The spot price of an instance can be up to ten times cheaper than the on-demand price, so there are potentially massive savings to be realised through the use of spot!
THE SITUATION AT HAND
We were dealing with development environments that had been subject to a lift and shift from local infrastructure to AWS. This lead to several challenges:
- There were lots of load time and run time dependencies between apps. In fact to show just how bad the dependency tree was Andy made a graph:
- It took in the region of three hours to stand up a complete dev environment.
- Apps needed to maintain state.
- Apps frequently required manual poking to bring online.
There were also conflicting business priorities; where one stakeholder group wanted to save as much as possible, another didn’t want to compromise on environment stability.
FIRST STEPS
The first question was, “can we save money by running on spot?” The obvious answer is “yes”. I mean after all, if you check the pricing for instances on AWS the spot instances are much, much cheaper.
But… we wanted to provide some data and actually prove it would be cheaper.
So on a basic level, we wanted to calculate the cost of running a dev environment using both spot and on-demand.

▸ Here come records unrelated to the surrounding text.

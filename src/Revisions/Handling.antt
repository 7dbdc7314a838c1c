-- ===== src/Revisions/Handling.antt =====
-- The messages of the list of revisions (Update of internal/ui/revisions/revisions.go): those of its
-- own state, and those that go on to the operation and the layers.
pub mod Jump
pub mod Own
pub mod Sent
pub mod Stale
pub mod Whole
use Prim.Native.Char.{Char, code}
use jjui.Jj.Commands.Queries.{op_log_id}
use jjui.Jj.Selections.{Commit, get_change_id}
use jjui.Prelude.{
  ℕ, ◌-◌, zero, suc, String, Bool, true, false, not, ◌&&◌, ◌||◌, Option, none, some, List, [], ◌∷◌,
  ◌++◌, map, if◌then◌else◌, leb, ltb, ◌==◌, str_eq, length,
}
use jjui.Prelude.Int.{ℤ, pos}
use jjui.Revisions.{Model, selected_revision, set_cursor}
use jjui.Revisions.Layers.{
  ImmediateModel, RevisionsView, is_editing, is_overlay, is_focused, reset_operations, close_view,
  restore_operation, pop_layer,
}
use jjui.Revisions.Loading.{refresh, wants_more}
use jjui.Revisions.Messages.{
  Msg, item_clicked, viewport_scroll, update_revisions_failed, update_revisions_msg,
  streaming_ready_msg, append_rows_batch_msg, update,
}
use jjui.Revisions.Moves.{Window}
use jjui.Revisions.Sending.{
  Models, update_base, update_active, update_operations, operation_selection_changed, open_layer,
}
use jjui.Revisions.Intents.{
  Intent, start_ace_jump, Effect, load_rows, highlight_changes, update_success, update_failed,
  streaming_warning, refresh_keeping, Handled, search, commands, asking, handle_intent,
}

-- A message of no effect on the list has only its kind; those that the operations read are theirs.
pub data Message : Type 0 where
  intent : Intent → Message
  selection_changed_msg : Commit → Message
  clicked : (index : ℕ) → (ctrl alt : Bool) → Message
  scrolled : (delta last_row_index : ℤ) → (horizontal : Bool) → Message
  close_view_msg : Message
  restore_operation_msg : Option ImmediateModel → Message
  start_ace_jump_msg : Window → Message
  open_target_picker_msg target_picker_cancel_msg : Message
  target_selected_msg : String → Message
  quick_search_msg : String → Message
  command_completed_msg : (output : String) → (failed : Bool) → Message
  auto_refresh_msg : Message
  failed_msg : Message
  refresh_msg : (selected : String) → (keep_selections : Bool) → Message
  loaded_msg : List Commit → (tag : ℕ) → Message
  streaming_msg : (highlighted : String) → (has_streamer failed : Bool) → (tag : ℕ) → Message
  batch_msg : (last_row_index : ℤ) → List Commit → (has_more : Bool) → (tag : ℕ) → Message
  key_msg mouse_msg other_msg : Message

abbrev pub letters : String
letters = "abcdefghijklmnopqrstuvwxyz"

abbrev pub letter_at : Char → ℕ → String → Char
letter_at c n String.[] = c
letter_at c zero (String.◌∷◌ d s) = d
letter_at c (suc n) (String.◌∷◌ d s) = letter_at c n s

-- `strings.ToLower`, for ASCII.
abbrev pub lowered : String → String
lowered String.[] = String.[]
lowered (String.◌∷◌ c s) =
    let rest = lowered s in
    String.◌∷◌ (if leb 65 (code c) && leb (code c) 90 then letter_at c (code c - 65) letters else c)
      rest

abbrev pub Updated : Type 0 → Type 0
Updated F = Option (RevisionsView × List (Effect F))

module _ {F : Type 0} where
  abbrev pub done : RevisionsView → Updated F
  done v = some (v, [])

  abbrev pub updated_with : RevisionsView × F → Updated F
  updated_with (v, f) = some (v, commands (f ∷ []))

  -- What the list does with a message of its own, and whether it asks for more rows.
  abbrev pub listed : Option (Model × Bool) → RevisionsView → Updated F
  listed none v = none
  listed (some (m, more)) v = some (record v { list = m }, asking more)

module _ (run : List String → String × Bool) (texts_of : Commit → List String) where
  module _ {F : Type 0} (models : Models Message Intent F) where
    abbrev pub listing : Msg → RevisionsView → Updated F
    listing msg v = listed (update run msg v.list) v

    -- The rows are new: the program highlights them, and the operations learn of the revision that
    -- is selected now.
    abbrev pub notice : (previous : Option Commit) → (shown : Bool) → RevisionsView → Updated F
    notice previous shown v =
        let (w, fs) = operation_selection_changed models previous v in
        some (w, highlight_changes ∷ (if shown then update_success ∷ [] else []) ++ commands fs)

    abbrev pub noticed : (previous : Option Commit) → Updated F → Updated F
    noticed previous none = none
    noticed previous (some (v, effects)) = notice previous (ltb 0 (length v.list.off_screen_rows)) v

    abbrev pub noticed_load : (previous : Option Commit) → Updated F → Updated F
    noticed_load previous none = none
    noticed_load previous (some (v, effects)) = notice previous true v

    unfoldable pub on_loaded : List Commit → (tag : ℕ) → RevisionsView → Updated F
    on_loaded rows tag v =
        let next = listing (update_revisions_msg rows tag) v in
        if not (tag == v.list.tag) then next else noticed_load (selected_revision v.list) next

    unfoldable pub on_batch :
        (last_row_index : ℤ)
        → List Commit
        → (has_more : Bool) → (tag : ℕ) → RevisionsView
        → Updated F
    on_batch last_row_index rows has_more tag v =
        let next = listing (append_rows_batch_msg last_row_index rows has_more tag) v in
        let count = length (v.list.off_screen_rows ++ rows) in
        if not (tag == v.list.tag) || wants_more last_row_index has_more count v.list.cursor
        then next
        else noticed (selected_revision v.list) next

    abbrev pub warned : (failed : Bool) → Updated F → Updated F
    warned failed none = none
    warned failed (some (v, effects)) =
        some (v, effects ++ (if failed then streaming_warning ∷ [] else []))

    unfoldable pub on_streaming :
        String → (has_streamer failed : Bool) → (tag : ℕ) → RevisionsView → Updated F
    on_streaming highlighted has_streamer failed tag v =
        let next = listing (streaming_ready_msg highlighted has_streamer failed tag) v in
        if not (tag == v.list.tag)
        then next
        else if failed && not has_streamer
        then elim next [ none ↦ none | some (w, effects) ↦ some (w, update_failed ∷ []) ]
        else warned failed next

    abbrev pub after_intent : Message → Handled F → Updated F
    after_intent msg none = none
    after_intent msg (some (v, effects, handled)) =
        let rest = updated_with (update_active models msg v) in
        if handled then some (v, effects) else rest

    -- The first of `search`, or a panic, and the operations end.
    abbrev pub searched : Option ℤ → RevisionsView → Updated F
    searched none v = none
    searched (some i) v = done (reset_operations (record v { list = set_cursor i v.list }))

    unfoldable pub on_auto_refresh : RevisionsView → Updated F
    on_auto_refresh v =
        let id = (run (op_log_id true)).0 in
        let rest = updated_with (update_active models auto_refresh_msg v) in
        if str_eq id v.previous_op_log_id
        then rest
        else some (record v { previous_op_log_id = id }, refresh_keeping ∷ [])

    unfoldable pub on_refresh :
        (selected : String) → (keep_selections : Bool) → RevisionsView → Updated F
    on_refresh selected keep_selections v =
        let m = refresh selected keep_selections v.list in
        let (w, f) =
          update_active models (refresh_msg selected keep_selections) (record v { list = m }) in
        some (w, load_rows m.tag ∷ commands (f ∷ []))

    -- A key reaches the operation while it is editing, an overlay or focused.
    unfoldable pub on_input : Message → (is_key : Bool) → RevisionsView → Updated F
    on_input msg is_key v =
        let rest = updated_with (update_active models msg v) in
        if length v.list.rows == 0
        then done v
        else if is_editing v || is_overlay v || is_key && is_focused v
        then rest
        else done v

    -- The next state and what the program is asked for; `none` is a panic.
    unfoldable pub handle : Message → RevisionsView → Updated F
    handle (intent i) v = after_intent (intent i) (handle_intent run texts_of models i v)
    handle (selection_changed_msg c) v =
        let (w, fs) = update_operations models (selection_changed_msg c) v in some (w, commands fs)
    handle (clicked index ctrl alt) v =
        listing (item_clicked index ctrl alt (is_editing v || is_overlay v)) v
    handle (scrolled delta last_row_index horizontal) v =
        listing (viewport_scroll delta last_row_index horizontal) v
    handle close_view_msg v = done (close_view v)
    handle (restore_operation_msg op) v = done (restore_operation op v)
    handle (start_ace_jump_msg w) v =
        elim (handle_intent run texts_of models (start_ace_jump w) v) [
          | none ↦ none
          | some (pushed, effects, _) ↦ some (pushed, effects)
        ]
    handle open_target_picker_msg v =
        let (w, fs) = open_layer models models.target_picker v in some (w, commands fs)
    handle (target_selected_msg target) v =
        updated_with (update_base models (target_selected_msg target) (pop_layer v))
    handle target_picker_cancel_msg v = done (pop_layer v)
    handle (quick_search_msg text) v =
        let w = record v { quick_search = lowered text } in
        searched (search texts_of (pos 0) false w) w
    handle (command_completed_msg output failed) v =
        done (record v { output = output; failed = failed })
    handle auto_refresh_msg v = on_auto_refresh v
    handle failed_msg v = listing update_revisions_failed v
    handle (refresh_msg selected keep_selections) v = on_refresh selected keep_selections v
    handle (loaded_msg rows tag) v = on_loaded rows tag v
    handle (streaming_msg highlighted has_streamer failed tag) v =
        on_streaming highlighted has_streamer failed tag v
    handle (batch_msg last_row_index rows has_more tag) v =
        on_batch last_row_index rows has_more tag v
    handle key_msg v = on_input key_msg true v
    handle mouse_msg v = on_input mouse_msg false v
    handle other_msg v = updated_with (update_active models other_msg v)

BUILDING AN ENVIRONMENT PROFILE
The first step was building a catalogue of all the instances currently used for a dev environment. The list looked like this:
On-demand profile
Size | OS | Quantity |
---|---|---|
t2.micro | Linux | 10 |
t2.small | Linux | 12 |
t2.medium | Linux | 17 |
t2.large | Linux | 10 |
m3.medium | Linux | 0 |
m3.large | Linux | 1 |
m3.xlarge | Linux | 0 |
r3.large | Linux | 6 |
t2.micro | Windows | 1 |
t2.small | Windows | 3 |
t2.medium | Windows | 5 |
m3.medium | Windows | 0 |
m3.large | Windows | 0 |
TOTAL | 65 |
When it came to building a spot profile, there was bit of a problem; not all on-demand instances had an equivalent spot instance type. When this occurred, we used the following rule for substitution:
- At least as much RAM.
- At least as many CPUs.
- Lowest interruptions (more on this next).

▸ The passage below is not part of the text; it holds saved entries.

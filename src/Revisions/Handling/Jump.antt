-- ===== src/Revisions/Handling/Jump.antt =====
-- When a jump starts without a panic (StartAceJump of internal/ui/revisions/revisions.go).
use jjui.Jj.Selections.{Commit}
use jjui.Operations.AceJump.{
  Operation as JumpOperation, text_length, new_ace_jump, add_rows, find_ace_keys, init,
  new_operation,
}
use jjui.Operations.AceJump.Visible.{HasBoth, HasIds-All, Adds-rows, with_keys, init-new_operation}
use jjui.Prelude.{
  ℕ, suc, ◌+◌, ◌-◌, ◌≡◌, refl, ap, inl, inr, Bool, true, false, not, ◌&&◌, ◌||◌, Option, none, some,
  List, [], ◌∷◌, arith, ltb, any, All, length, get_elem?, Bool-cases,
}
use jjui.Revisions.{some_all}
use jjui.Revisions.Intents.{Intent, start_ace_jump, row_number, started_jump}
use jjui.Revisions.Layers.{RevisionsView}
use jjui.Revisions.Moves.{Window}

abbrev pub lacks_id : Commit → Bool
lacks_id c = not (ltb 0 (text_length c.commit_id) && ltb 0 (text_length c.change_id))

-- The rows from `lo` to `hi` are rows of the list, and each row has its identifiers.
abbrev pub is_window : (lo hi : Option ℕ) → List Commit → Bool
is_window none hi rows = true
is_window (some lo) none rows = true
is_window (some lo) (some hi) rows = ltb hi lo || ltb hi (length rows) && not (any lacks_id rows)

-- Only a jump reads rows of the window.
abbrev pub can_jump : Intent → RevisionsView → Bool
can_jump (start_ace_jump w) v =
    is_window (row_number w.first_row_index) (row_number w.last_row_index) v.list.rows
can_jump i v = true

length-some_all : (cs : List Commit) → length (some_all cs) ≡ length cs
length-some_all [] = refl
length-some_all (c ∷ cs) = ap suc (length-some_all cs)

All-HasBoth : (cs : List Commit) → any lacks_id cs ≡ false → All HasBoth (some_all cs)
All-HasBoth [] h = tt
All-HasBoth (c ∷ cs) h =
    ((ground (arith, h), ground (arith, h)), All-HasBoth cs (ground (arith, h)))

abbrev Starts : Option JumpOperation → Type 0
Starts r = (o : JumpOperation) × (r ≡ some o)

Starts-init :
    (rows : List Commit) (lo hi : Option ℕ)
    → is_window lo hi rows ≡ true
    → Starts (init (new_operation (λ i. get_elem? (some_all rows) i) lo hi))
unfolding init find_ace_keys new_operation add_rows new_ace_jump
Starts-init rows none hi h = (_, refl)
Starts-init rows (some lo) none h = (_, refl)
Starts-init rows (some lo) (some hi) h =
    let items : ℕ → Option (Option Commit) = λ i. get_elem? (some_all rows) i in
    elim (Bool-cases (ltb hi lo)) [
      | inl e ↦
          let none_read : hi + 1 - lo ≡ 0 = ground (arith, e) in
          (
            with_keys items lo hi new_ace_jump,
            init-new_operation items lo hi new_ace_jump (rw (add_rows, none_read) refl),
          )
      | inr e ↦
          let (j, at, ready) =
            Adds-rows lo hi (hi + 1 - lo) lo (some_all rows) new_ace_jump
              (HasIds-All (some_all rows) (All-HasBoth rows (ground (arith, h, e)))) (omega arith)
              (ground (arith, e)) (ground (arith, h, e, length-some_all rows)) (tt, tt) in
          (with_keys items lo hi j, init-new_operation items lo hi j at)
    ]

pub started_jump-Starts :
    (w : Window) (v : RevisionsView)
    → can_jump (start_ace_jump w) v ≡ true
    → (o : JumpOperation) × (started_jump w v.list ≡ some o)
unfolding started_jump
started_jump-Starts w v h =
    Starts-init v.list.rows (row_number w.first_row_index) (row_number w.last_row_index) h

- Lowest price. This is what our spot profile ended up looking like:
Spot profile
Size | OS | Quantity |
---|---|---|
t2.micro | Linux | 0 |
t2.small | Linux | 0 |
t2.medium | Linux | 0 |
t2.large | Linux | 0 |
m3.medium | Linux | 22 |
m3.large | Linux | 18 |
m3.xlarge | Linux | 10 |
r3.large | Linux | 6 |
t2.micro | Windows | 0 |
t2.small | Windows | 0 |
t2.medium | Windows | 0 |
m3.medium | Windows | 4 |
m3.large | Windows | 5 |
TOTAL | 65 |
SPOT INSTANCE STABILITY
As explained earlier, spot instance price fluctuates based on demand, and when provisioning a spot instance a bid price must be set. As the main goal of our investigation was providing cost reduction across an environment it didn’t make sense to pay more for a spot instance than an on-demand instance.

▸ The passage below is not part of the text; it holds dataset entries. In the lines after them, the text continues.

-- ===== src/Search/Order.antt =====
-- The order in which the search goes over the items (internal/ui/common/search.go).
use native.Mathlib.Nat.{mod-eq_of_lt, add-mod_right}
use mathlib.Core.Path.{subst}
use mathlib.Core.List.{append-nil}
use jjui.Prelude.{
  length-append, ℕ, zero, suc, ◌+◌, ◌-◌, ◌<◌, ◌≤◌, ◌≡◌, refl, sym, ap, ◌∙◌, inl, inr, String, Bool,
  true, false, Option, none, some, List, [], ◌∷◌, ◌++◌, arith, if◌then◌else◌, length, get_elem?,
  found_at, ltb, ◌⊎◌,
}
use jjui.Prelude.Int.{ℤ, pos, ◌+ℤ◌, ◌-ℤ◌, eq_of_parts, int_laws}
use jjui.Prelude.Texts.{is_empty}
use jjui.Search.{matches_query, rem_ℤ, index_in_step, item_at, search_from, circular_search}

-- As many indices, from one up.
abbrev pub up : (from count : ℕ) → List ℕ
up from zero = []
up from (suc count) = from ∷ up (from + 1) count

-- As many indices, down to one.
abbrev pub down : (to count : ℕ) → List ℕ
down to zero = []
down to (suc count) = (to + count) ∷ down to count

abbrev pub matches_at : List (List String) → String → ℕ → Bool
matches_at items query j = elim (get_elem? items j) [
  | none ↦ false
  | some item ↦ matches_query query item
]

-- The first of the indices with an item that matches, or else the cursor.
abbrev pub first_match : List (List String) → String → (cursor : ℤ) → List ℕ → ℤ
first_match items query cursor [] = cursor
first_match items query cursor (j ∷ js) =
    if matches_at items query j then pos j else first_match items query cursor js

-- The steps of the search have these indices.
abbrev Goes : (start : ℤ) → (backward : Bool) → (n i : ℕ) → List ℕ → Type 0
Goes start backward n i [] = Unit
Goes start backward n i (j ∷ js) =
    (ltb j n ≡ true) × (index_in_step start backward n i ≡ pos j) × Goes start backward n (i + 1) js

match_step :
    (b : Bool) (c r : ℤ) (rest : Option ℤ)
    → rest ≡ some r
    → (if b then some c else rest) ≡ some (if b then c else r)
match_step true c r rest e = refl
match_step false c r rest e = e

abbrev read_step : List (List String) → String → (rest : Option ℤ) → (c : ℤ) → Option ℤ
read_step items query rest c = elim (item_at items c) [
  | none ↦ none
  | some item ↦ if matches_query query item then some c else rest
]

matched_step :
    (items : List (List String)) (query : String) (j : ℕ) (r : ℤ) (rest : Option ℤ)
    → ltb j (length items) ≡ true
    → rest ≡ some r
    → read_step items query rest (pos j) ≡ some (if matches_at items query j then pos j else r)
matched_step items query j r rest h e =
    let (item, at) = found_at items j h in
    rw (read_step, matches_at, at) (match_step (matches_query query item) (pos j) r rest e)

search_from-first_match :
    (items : List (List String)) (query : String) (start cursor : ℤ) (backward : Bool) (i : ℕ)
    (js : List ℕ)
    → Goes start backward (length items) i js
    → search_from items query start cursor backward (length js) i
      ≡ some (first_match items query cursor js)
unfolding search_from
search_from-first_match items query start cursor backward i [] g = refl
search_from-first_match items query start cursor backward i (j ∷ js) (h, e, g) =
    let rest = search_from items query start cursor backward (length js) (i + 1) in
    let later = search_from-first_match items query start cursor backward (i + 1) js g in
    ap (read_step items query rest) e
    ∙ matched_step items query j (first_match items query cursor js) rest h later

rem_less : (a n : ℕ) → a < n → rem_ℤ (pos a) n ≡ pos a
unfolding rem_ℤ
rem_less a n h = ap pos (mod-eq_of_lt h)

rem_round : (a n : ℕ) → a < n → rem_ℤ (pos (a + n)) n ≡ pos a
unfolding rem_ℤ
rem_round a n h = ap pos (add-mod_right a n ∙ mod-eq_of_lt h)

added : (s i : ℕ) → pos s +ℤ pos i ≡ pos (s + i)
added s i = eq_of_parts (pos s +ℤ pos i) (pos (s + i)) (omega int_laws)

index_forward :
    (s n i j : ℕ) → j < n → (s + i ≡ j) ⊎ (s + i ≡ j + n) → index_in_step (pos s) false n i ≡ pos j
unfolding index_in_step
index_forward s n i j h (inl e) =
    ap (λ a. rem_ℤ a n) (added s i) ∙ ap (λ a. rem_ℤ (pos a) n) e ∙ rem_less j n h
index_forward s n i j h (inr e) =
    ap (λ a. rem_ℤ a n) (added s i) ∙ ap (λ a. rem_ℤ (pos a) n) e ∙ rem_round j n h

index_backward :
    (s n i j : ℕ)
    → j < n
    → (s + n ≡ j + i + 1) ⊎ (s ≡ j + i + 1)
    → index_in_step (pos s -ℤ pos 1) true n i ≡ pos j
unfolding index_in_step
index_backward s n i j h (inl e) =
    ap (λ a. rem_ℤ a n) (eq_of_parts (pos s -ℤ pos 1 -ℤ pos i +ℤ pos n) (pos j) (omega int_laws))
    ∙ rem_less j n h
index_backward s n i j h (inr e) =
    ap (λ a. rem_ℤ a n)
      (eq_of_parts (pos s -ℤ pos 1 -ℤ pos i +ℤ pos n) (pos (j + n)) (omega int_laws))
    ∙ rem_round j n h

up-Goes :
    (s n from count i : ℕ) (js : List ℕ)
    → from + count ≤ n
    → (s + i ≡ from) ⊎ (s + i ≡ from + n)
    → Goes (pos s) false n (i + count) js
    → Goes (pos s) false n i (up from count ++ js)
up-Goes s n from zero i js h e g = subst (λ k. Goes (pos s) false n k js) (omega arith) g
up-Goes s n from (suc count) i js h e g = (
  ground arith,
  index_forward s n i from (omega arith) e,
  up-Goes s n (from + 1) count (i + 1) js (omega arith) (ground arith)
      (subst (λ k. Goes (pos s) false n k js) (omega arith) g),
)

down-Goes :
    (s n to count i : ℕ) (js : List ℕ)
    → to + count ≤ n
    → (s + n ≡ to + count + i) ⊎ (s ≡ to + count + i)
    → Goes (pos s -ℤ pos 1) true n (i + count) js
    → Goes (pos s -ℤ pos 1) true n i (down to count ++ js)
down-Goes s n to zero i js h e g = subst (λ k. Goes (pos s -ℤ pos 1) true n k js) (omega arith) g
down-Goes s n to (suc count) i js h e g = (
  ground arith,
  index_backward s n i (to + count) (omega arith) (ground arith),
  down-Goes s n to count (i + 1) js (omega arith) (ground arith)
      (subst (λ k. Goes (pos s -ℤ pos 1) true n k js) (omega arith) g),
)

length-up : (from count : ℕ) → length (up from count) ≡ count
length-up from zero = refl
length-up from (suc count) = ap suc (length-up (from + 1) count)

length-down : (to count : ℕ) → length (down to count) ≡ count
length-down to zero = refl
length-down to (suc count) = ap suc (length-down to count)

-- The order of the search on from an index, and back from the one before it.
abbrev pub forward : (s n : ℕ) → List ℕ
forward s n = up s (n - s) ++ up 0 s

abbrev pub backwards : (s n : ℕ) → List ℕ
backwards s n = down 0 s ++ down s (n - s)

length-forward : (s n : ℕ) → s ≤ n → length (forward s n) ≡ n
length-forward s n h =
    omega (arith, h, length-append (up s (n - s)) (up 0 s), length-up s (n - s), length-up 0 s)

length-backwards : (s n : ℕ) → s ≤ n → length (backwards s n) ≡ n
length-backwards s n h =
    omega
      (arith, h, length-append (down 0 s) (down s (n - s)), length-down 0 s, length-down s (n - s))

up-Goes_all : (s n : ℕ) → s ≤ n → Goes (pos s) false n (0 + (n - s)) (up 0 s)
up-Goes_all s n h =
    subst (Goes (pos s) false n (0 + (n - s))) (append-nil (up 0 s))
      (up-Goes s n 0 s (0 + (n - s)) [] (omega (arith, h)) (inr (omega (arith, h))) tt)

down-Goes_all : (s n : ℕ) → s ≤ n → Goes (pos s -ℤ pos 1) true n (0 + s) (down s (n - s))
down-Goes_all s n h =
    subst (Goes (pos s -ℤ pos 1) true n (0 + s)) (append-nil (down s (n - s)))
      (down-Goes s n s (n - s) (0 + s) [] (omega (arith, h)) (inl (omega (arith, h))) tt)

searched :
    (items : List (List String)) (query : String) (start cursor : ℤ) (backward : Bool) (js : List ℕ)
    → length js ≡ length items
    → Goes start backward (length items) 0 js
    → search_from items query start cursor backward (length items) 0
      ≡ some (first_match items query cursor js)
searched items query start cursor backward js e g =
    ap (λ k. search_from items query start cursor backward k 0) (sym e)
    ∙ search_from-first_match items query start cursor backward 0 js g

-- For a query that is not empty: forward from an index, at most the number of the items, the search
-- goes on to the last item and then from the first one up to the index; backward from the one before
-- it, to the first item and then from the last one. It gives the first item with the text, or the cursor where none has it, and never reads
-- past the items.
pub circular_search-first_match :
    (items : List (List String)) (query : String) (cursor : ℤ) (s : ℕ)
    → is_empty query ≡ false
    → s ≤ length items
    → (circular_search items query (pos s) cursor false
        ≡ some (first_match items query cursor (forward s (length items))))
      × (circular_search items query (pos s -ℤ pos 1) cursor true
          ≡ some (first_match items query cursor (backwards s (length items))))
unfolding circular_search
circular_search-first_match items query cursor s e h =
    let n = length items in
    let ups =
      up-Goes s n s (n - s) 0 (up 0 s) (omega arith) (inl (omega arith)) (up-Goes_all s n h) in
    let downs =
      down-Goes s n 0 s 0 (down s (n - s)) (omega arith) (inr (omega arith))
        (down-Goes_all s n h) in
    (
      rw (circular_search, e)
          (searched items query (pos s) cursor false (forward s n) (length-forward s n h) ups),
      rw (circular_search, e)
          (searched items query (pos s -ℤ pos 1) cursor true (backwards s n)
            (length-backwards s n h) downs),
    )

With this in mind, we looked at the spot price history of all the instances we were interested in provisioning and compared that to the on-demand price of that instance. If the spot price exceeded the on-demand price during business hours, that was classified as an interruption.
We found that the pricing of some spot instances fluctuated much more than others and, with careful selection of instances types, that the spot price did not exceed the on-demand price over the three month history of spot pricing information.
OBTAINING PRICING DATA
Despite the amazing AWS ecosystem, obtaining pricing data is still quite primitive. On-demand pricing must be downloaded in one big chunk which equates to over 70MB of data. Then you need to figure out how to filter out all the data you don’t want. We ended up writing an R script to do this for us quickly and easily, but that’s the topic of another post!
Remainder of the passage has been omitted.